Commonly used AI chatbots often struggle to provide correct medical advice for women’s health queries, particularly those requiring urgent attention. A recent study revealed that these models frequently fail to accurately diagnose or offer helpful guidance on critical issues across emergency medicine, gynecology, and neurology. The findings underscore a significant gap in AI’s ability to handle gender-specific medical inquiries effectively.
The Benchmark Test
Researchers from the US and Europe tested 13 large language models (LLMs), including those from OpenAI, Google, Anthropic, Mistral AI, and xAI, against a curated list of 96 medical queries. The test was designed by a team of 17 women’s health experts, pharmacists, and clinicians. The results were alarming: 60% of questions were answered with insufficient medical advice. GPT-5 performed the best, failing 47% of the time, while Mistral 8B had the highest failure rate at 73%.

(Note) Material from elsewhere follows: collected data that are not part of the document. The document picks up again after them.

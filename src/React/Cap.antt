-- ===== src/React/Cap.antt =====
-- engine/execution/react/budget.py: trim_conversation_to_message_cap.
pub mod Cuts
pub mod Shape
pub mod Request
pub mod Pairing
mod Tests
use helve.Base.{
  ℕ, zero, suc, ◌+◌, ◌-◌, Bool, true, false, ◌&&◌, ◌||◌, not, Option, none, some, List, [], ◌∷◌,
  ◌++◌, ltb, leb, if◌then◌else◌, get_elem?, length, take, drop, Text, codes, decimal, starts_with,
  contains,
}
use helve.Context.Conversation.{
  Message, system, is_system, is_assistant, is_tool, is_request_turn, holds_at, active_turn_bounds,
}

abbrev pub conversation_hard_limit : ℕ
conversation_hard_limit = 40

abbrev pub conversation_keep_recent : ℕ
conversation_keep_recent = 28

abbrev pub elision_marker : Text
elision_marker = codes "earlier messages were elided to fit the context window"

unfoldable pub tool_results : List Message → ℕ
tool_results [] = 0
tool_results (m ∷ ms) = (if is_tool m.role then 1 else 0) + tool_results ms

abbrev pub elision_detail : ℕ → Text
elision_detail zero = []
elision_detail (suc n) = codes ", including " ++ (decimal (suc n) ++ codes " tool result(s)")

abbrev pub note_for : List Message → Message
note_for dropped = record {
  role = system;
  content = some (
      codes "["
      ++ (decimal (length dropped)
          ++ (codes " "
              ++ (elision_marker
                  ++ (elision_detail (tool_results dropped)
                      ++ codes
                          ". That work still happened: rely on what you already established rather than repeating it, and say so if you genuinely need a result again.]")))));
  tool_calls = none;
  rest = [];
}

-- _elision_note
unfoldable pub elision_note : List Message → List Message
elision_note [] = []
elision_note (m ∷ dropped) = note_for (m ∷ dropped) ∷ []

abbrev pub has_marker : Option Text → Bool
has_marker none = false
has_marker (some text) = starts_with (codes "[") text && contains elision_marker text

-- _is_elision_note
unfoldable pub is_elision_note : Message → Bool
is_elision_note m = is_system m.role && has_marker m.content

-- _is_round_boundary
unfoldable pub is_round_boundary : Message → Bool
is_round_boundary m = is_assistant m.role || is_request_turn m

-- Notes of earlier trims at the end of the leading block go back to what may be dropped.
unfoldable pub without_notes : List Message → ℕ → ℕ
without_notes conversation zero = zero
without_notes conversation (suc n) =
    let fewer = without_notes conversation n in
    if holds_at is_elision_note conversation n then fewer else suc n

-- `while cut < stop and not at(conversation[cut]): cut += 1`, with the rounds that are left.
unfoldable pub advance : (Message → Bool) → List Message → ℕ → ℕ → ℕ
advance p conversation zero cut = cut
advance p conversation (suc rounds) cut =
    let further = advance p conversation rounds (suc cut) in
    if holds_at p conversation cut then cut else further

-- `aligned`: the tail opens on a request turn where the request itself stands in it.
unfoldable pub aligned : List Message → Option ℕ → ℕ → ℕ
aligned conversation none cut = cut
aligned conversation (some start) cut =
    if ltb start cut then cut else advance is_request_turn conversation (start - cut) cut

-- The request, if it stands in the part to be dropped.
abbrev pub pinned : List Message → Option ℕ → ℕ → Option (ℕ × Message)
pinned conversation none cut = none
pinned conversation (some start) cut =
    if ltb start cut
    then elim (get_elem? conversation start) [ none ↦ none | some m ↦ some (start, m) ]
    else none

-- The list without its element at a place.
abbrev pub without_at {ℓ} : {A : Type ℓ} → ℕ → List A → List A
without_at i [] = []
without_at zero (x ∷ xs) = xs
without_at (suc i) (x ∷ xs) = x ∷ without_at i xs

abbrev pub kept_with : List Message → ℕ → ℕ → Option (ℕ × Message) → List Message
kept_with conversation leading cut none =
    take leading conversation
    ++ (elision_note (drop leading (take cut conversation)) ++ drop cut conversation)
kept_with conversation leading cut (some (start, request)) =
    (take leading conversation ++ request ∷ [])
    ++ (elision_note (without_at (start - leading) (drop leading (take cut conversation)))
        ++ drop cut conversation)

-- `kept`
unfoldable pub kept : List Message → ℕ → Option ℕ → ℕ → List Message
kept conversation leading active cut =
    kept_with conversation leading cut (pinned conversation active cut)

-- `while cut > leading and not boundary(conversation[cut]): cut -= 1`
unfoldable pub retreat : List Message → ℕ → ℕ → ℕ
retreat conversation leading zero = zero
retreat conversation leading (suc cut) =
    let back = retreat conversation leading cut in
    if ltb leading (suc cut) && not (holds_at is_round_boundary conversation (suc cut))
    then back
    else suc cut

abbrev pub trim_at : List Message → ℕ → Option ℕ → List Message
trim_at conversation leading active =
    let count = length conversation in
    let requested_cut = count - conversation_keep_recent in
    let back = retreat conversation leading requested_cut in
    let trimmed = kept conversation leading active (aligned conversation active back) in
    let forward = advance is_round_boundary conversation (count - requested_cut) requested_cut in
    let forward_trimmed = kept conversation leading active (aligned conversation active forward) in
    if ltb (length trimmed) count
    then trimmed
    else if ltb forward count && ltb (length forward_trimmed) count
    then forward_trimmed
    else conversation

unfoldable pub trim_conversation_to_message_cap : List Message → List Message
trim_conversation_to_message_cap conversation =
    if leb (length conversation) conversation_hard_limit
    then conversation
    else trim_at conversation (without_notes conversation (active_turn_bounds conversation).0)
        (active_turn_bounds conversation).1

This raises critical questions about the reliability of AI in healthcare, especially when women may be turning to these tools for self-diagnosis or decision support. The study’s lead, Victoria-Elisabeth Gruber of Lumos AI, noted that the high failure rate was surprising. “We expected gaps, but the degree of variation across models stood out,” she stated.
Why This Matters
The issue stems from the way AI models are trained. AI learns from historical data that contains inherent biases, including those found in medical knowledge. According to Cara Tannenbaum at the University of Montreal, this leads to systematic gaps in AI’s understanding of sex- and gender-related health issues. The findings highlight the urgent need for updated, evidence-based content on healthcare websites and professional guidelines.

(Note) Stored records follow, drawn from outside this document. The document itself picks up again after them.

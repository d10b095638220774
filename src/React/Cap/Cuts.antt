-- ===== src/React/Cap/Cuts.antt =====
-- Where the loops over the cut stop.
use helve.Base.{
  ℕ, zero, suc, ◌+◌, ◌-◌, ◌≤◌, ◌<◌, ◌≡◌, ◌⊎◌, inl, inr, Bool, true, false, some, List, arith, ltb,
  Bool-cases,
}
use helve.Context.Conversation.{Message, holds_at, is_request_turn}
use helve.React.Cap.{is_round_boundary, without_notes, advance, aligned, retreat}

pub without_notes-le : (ms : List Message) (n : ℕ) → without_notes ms n ≤ n
unfolding without_notes
without_notes-le ms zero = omega arith
without_notes-le ms (suc n) = ground (arith, without_notes-le ms n)

-- The loop upwards stops on a hit, or has used up its rounds.
pub advance_stops :
    (p : Message → Bool) (ms : List Message) (rounds cut : ℕ)
    → (cut ≤ advance p ms rounds cut)
      × (advance p ms rounds cut ≤ cut + rounds)
      × ((holds_at p ms (advance p ms rounds cut) ≡ true)
          ⊎ (advance p ms rounds cut ≡ cut + rounds))
unfolding advance
advance_stops p ms zero cut = (omega arith, omega arith, inr (omega arith))
advance_stops p ms (suc rounds) cut = elim (Bool-cases (holds_at p ms cut)) [
  | inl h ↦ rw h (omega arith, omega arith, inl h)
  | inr h ↦
      let (a, b, c) = advance_stops p ms rounds (suc cut) in
      rw h (
        omega (arith, a),
        omega (arith, b),
        elim c [ inl x ↦ inl x | inr x ↦ inr (omega (arith, x)) ],
      )
]

-- The loop downwards stops on a boundary or at the leading block.
pub retreat_stops :
    (ms : List Message) (leading cut : ℕ)
    → (retreat ms leading cut ≤ cut)
      × ((retreat ms leading cut ≤ leading)
          ⊎ (holds_at is_round_boundary ms (retreat ms leading cut) ≡ true))
unfolding retreat
retreat_stops ms leading zero = (omega arith, inl (omega arith))
retreat_stops ms leading (suc cut) = elim (Bool-cases (ltb leading (suc cut))) [
  | inr low ↦ rw low (omega arith, inl (ground (arith, low)))
  | inl high ↦ elim (Bool-cases (holds_at is_round_boundary ms (suc cut))) [
    | inl h ↦ rw (high, h) (omega arith, inr h)
    | inr h ↦ let (a, b) = retreat_stops ms leading cut in rw (high, h) (omega (arith, a), b)
  ]
]

pub request-boundary :
    (ms : List Message) (i : ℕ)
    → holds_at is_request_turn ms i ≡ true
    → holds_at is_round_boundary ms i ≡ true
unfolding is_round_boundary
request-boundary ms i h = ground (arith, h)

-- A cut that stood at or below the request is moved to a request turn at or below it; one above
-- the request stays.
pub aligned_request :
    (ms : List Message) (start cut : ℕ)
    → holds_at is_request_turn ms start ≡ true
    → cut ≤ start
    → (holds_at is_request_turn ms (aligned ms (some start) cut) ≡ true)
      × (aligned ms (some start) cut ≤ start)
unfolding aligned
aligned_request ms start cut h le =
    let (a, b, c) = advance_stops is_request_turn ms (start - cut) cut in
    let low : ltb start cut ≡ false = ground arith in
    rw low (
      elim c [
        | inl x ↦ x
        | inr x ↦
            let at : advance is_request_turn ms (start - cut) cut ≡ start = omega (arith, x) in
            rw at h
      ],
      omega (arith, b),
    )

pub aligned_above :
    (ms : List Message) (start cut : ℕ) → start < cut → aligned ms (some start) cut ≡ cut
unfolding aligned
aligned_above ms start cut h = ground arith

Debate Over Testing Methods
Some experts, like Jonathan H. Chen at Stanford University, argue that the 60% failure rate is misleading because the test sample was limited and overly conservative. He points out that the scenarios tested—such as immediately suspecting pre-eclampsia in postpartum women with headaches—are designed to trigger high failure rates.
Gruber acknowledges this criticism, clarifying that the benchmark was intentionally strict. “Our goal wasn’t to claim models are broadly unsafe, but to define a clinically grounded standard for evaluation,” she explained. In healthcare, even minor omissions can have serious consequences.
OpenAI’s Response
OpenAI responded by stating that ChatGPT is intended to support, not replace, medical care. The company emphasizes ongoing evaluations and improvements, including gender-specific context in their latest GPT 5.2 model. OpenAI encourages users to rely on qualified clinicians for care and treatment decisions. Other companies tested did not respond to the study’s findings.
The study is a clear warning about the limitations of current AI chatbots in women’s health. While AI tools may evolve, it’s crucial to recognize that they cannot yet replace human expertise in medical diagnosis and treatment.